Wir sollten die Toleranz uns gegenüber, die wir in Nürnberg, Erlangen und Umgebung noch genießen nicht überbeanspruchen!!! Ich habe keine Lust auf Krieg mit möchtegern Umweltschützern, -Ordnungshütern oder sonstigem besserwisserischen Gesox.


----------



## dubbel (9. November 2005)

volle zustimmung. 

buddeln is ja super, aber lieber irgendwo, wo's nicht so dermassen ins auge fällt, 
vor allem nicht mitten auf irgendwelchen wegen!


----------



## MTB-News.de




----------



## sideshowbob (9. November 2005)

ja da kann ich auch nur zustimmen.

aber dieser thread wäre wohl im lokalforum besser aufgehoben!


----------



## Coffee (9. November 2005)

ich denke hier ist es in diesem fall besser aufgehoben. denn es geht gerade UNS etwas an.

coffee


----------



## Tom:-) (9. November 2005)

ich geh' schon mal popcorn holen. wetten, daß wir hier wieder eine schöne 'ich kann aber besser fahren als du' diskussion bekommen?


----------



## Shaun Palmer Jr (9. November 2005)

@Grüni...kleiner Vorschlag: 

geh zur DIMB und setz dich dort ein, die sind offen für so ein Dummgelaber.

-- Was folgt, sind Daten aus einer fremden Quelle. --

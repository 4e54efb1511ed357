-- ===== src/Fees/Bounds.antt =====
-- Bounds of the fees of frontend/convex/lib/stripe.ts, at every price that tiers.ts accepts.
use bling.Prelude.{ℕ, ◌+◌, ◌-◌, ◌*◌, ◌/◌, ◌≤◌, ◌<◌, arith}
use bling.Prelude.Int.{pos, ◌≤ℤ◌}
use bling.Fees.{payment_fees, creator_share, standard_platform_fee_bps}

mul-le : (a s t : ℕ) → s ≤ t → a * s ≤ a * t
mul-le a s t h = grind arith

-- At a price of 50 cents or more and any platform rate up to the standard one, the platform's fee
-- is less than the price, the creator earns at least 48 percent of the price and at most the
-- price, and the creator's part of the card fee is half of it, less the odd half cent.
pub payment_fees_bounds :
    (amount bps : ℕ)
    → 50 ≤ amount
    → bps ≤ standard_platform_fee_bps
    → let fees = payment_fees amount bps in
      (fees.platform_fee_cents < amount)
      × (pos (amount * 48 / 100) ≤ℤ creator_share amount fees)
      × (creator_share amount fees ≤ℤ pos amount)
      × (fees.creator_processing_fee_cents * 2 ≤ fees.basic_card_fee_cents)
      × (fees.basic_card_fee_cents ≤ fees.creator_processing_fee_cents * 2 + 1)
unfolding payment_fees creator_share
payment_fees_bounds amount bps h k =
    let low : amount * 8000 ≤ amount * (10000 - bps) =
      mul-le amount 8000 (10000 - bps) (omega arith) in
    let high : amount * (10000 - bps) ≤ amount * 10000 =
      mul-le amount (10000 - bps) 10000 (omega arith) in
    (ground arith, ground arith, ground arith, omega arith, omega arith)
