-- ===== src/Ledger/Repeats.antt =====
-- Refunds that are reported more than once, in the ledger (frontend/convex/lib/ledger.ts,
-- `reverseForRefund`).
use bling.Prelude.{ℕ, ◌≡◌, ◌⊎◌, is_some, inl, inr, true, false, arith, Bool-cases, Option-cases}
use bling.Prelude.Int.{ℤ, pos, neg, leb_ℤ}
use bling.Store.Interface.{Convex}
use bling.Store.Queries.{Table, first}
use bling.Schema.Docs.{PaymentAttempt, PaymentRefund, refund_key}
use bling.Schema.Keys.{key_eq}
use bling.Schema.State.{Ledger}
use bling.Ledger.{reverse_for_refund, reversal_entry, reversal_amount, earning_for, is_zero}
use bling.Ledger.Posting.{post_entry-present, post_entry-kept}

neg-nonzero : (a : ℤ) → leb_ℤ a (pos 0) ≡ false → is_zero (neg a) ≡ false
unfolding neg
neg-nonzero a h = ground arith

module _ ⦃c : Convex⦄ where
  -- Where the key of a refund is taken, reversing it changes nothing.
  reverse_for_refund-kept :
      (now id : ℕ) (r : PaymentRefund) (attempts : Table PaymentAttempt) (l : Ledger)
      → is_some (first (λ x. key_eq x.idempotency_key (refund_key id)) l.entries) ≡ true
      → reverse_for_refund now (id, r) attempts l ≡ l
  unfolding reverse_for_refund
  reverse_for_refund-kept now id r attempts l taken =
      elim (Option-cases (earning_for r.payment_attempt_id l)) [
        | inl nothing ↦ ground arith
        | inr ((i, earning), found) ↦ ground (
          arith,
          post_entry-kept
              (reversal_entry now earning (id, r) (reversal_amount earning (id, r) attempts l)) l
              taken,
        )
      ]

  -- Reversing a refund changes nothing, or takes its key.
  reverse_for_refund-cases :
      (now id : ℕ) (r : PaymentRefund) (attempts : Table PaymentAttempt) (l : Ledger)
      → let once = reverse_for_refund now (id, r) attempts l in
        (once ≡ l)
        ⊎ (is_some (first (λ x. key_eq x.idempotency_key (refund_key id)) once.entries) ≡ true)
  unfolding reverse_for_refund
  reverse_for_refund-cases now id r attempts l =
      elim (Option-cases (earning_for r.payment_attempt_id l)) [
        | inl nothing ↦ inl (ground arith)
        | inr ((i, earning), found) ↦
            let amount = reversal_amount earning (id, r) attempts l in
            elim (Bool-cases (leb_ℤ amount (pos 0))) [
              | inl too_little ↦ inl (ground arith)
              | inr some_amount ↦ inr (
                  ground (
                    arith,
                    post_entry-present (reversal_entry now earning (id, r) amount) l
                        (neg-nonzero amount some_amount),
                  ))
            ]
      ]

  -- A refund that was reversed in a ledger, if something was taken back, is not reversed again, at any
  -- time and whatever was changed in the refund and in the payment attempts since.
  pub reverse_for_refund_twice :
      (now later id : ℕ) (r r' : PaymentRefund) (attempts attempts' : Table PaymentAttempt)
      (l : Ledger)
      → let once = reverse_for_refund now (id, r) attempts l in
        (once ≡ l) ⊎ (reverse_for_refund later (id, r') attempts' once ≡ once)
  reverse_for_refund_twice now later id r r' attempts attempts' l =
      elim (reverse_for_refund-cases now id r attempts l) [
        | inl unchanged ↦ inl unchanged
        | inr taken ↦ inr (
            reverse_for_refund-kept later id r' attempts'
              (reverse_for_refund now (id, r) attempts l) taken)
      ]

Mein Gott den Jungs ist schon klar das des irgenwann eingestampft wird wenn sich mal wieder ein paar Grüni`s oder sonst was dran aufgeilen. Hier von Krieg zu reden und Drähte spannen etc. ist Dummgelaber. 
Du bist warscheinlich noch so doof das wenn du in eine Drahtfalle fährst die Schuld bei den kleinen zwölfjährigen Kids suchst die Kicker schaufeln.  
Oder noch besser als nächstes kommen so Sprüche wie, das schadet den Image der MTBer. Das einzige was schadet seid ihr mit eurer intoleranz.


----------



## Coffee (9. November 2005)

Tom:-) schrieb:
			
		

> ich geh' schon mal popcorn holen. wetten, daß wir hier wieder eine schöne 'ich kann aber besser fahren als du' diskussion bekommen?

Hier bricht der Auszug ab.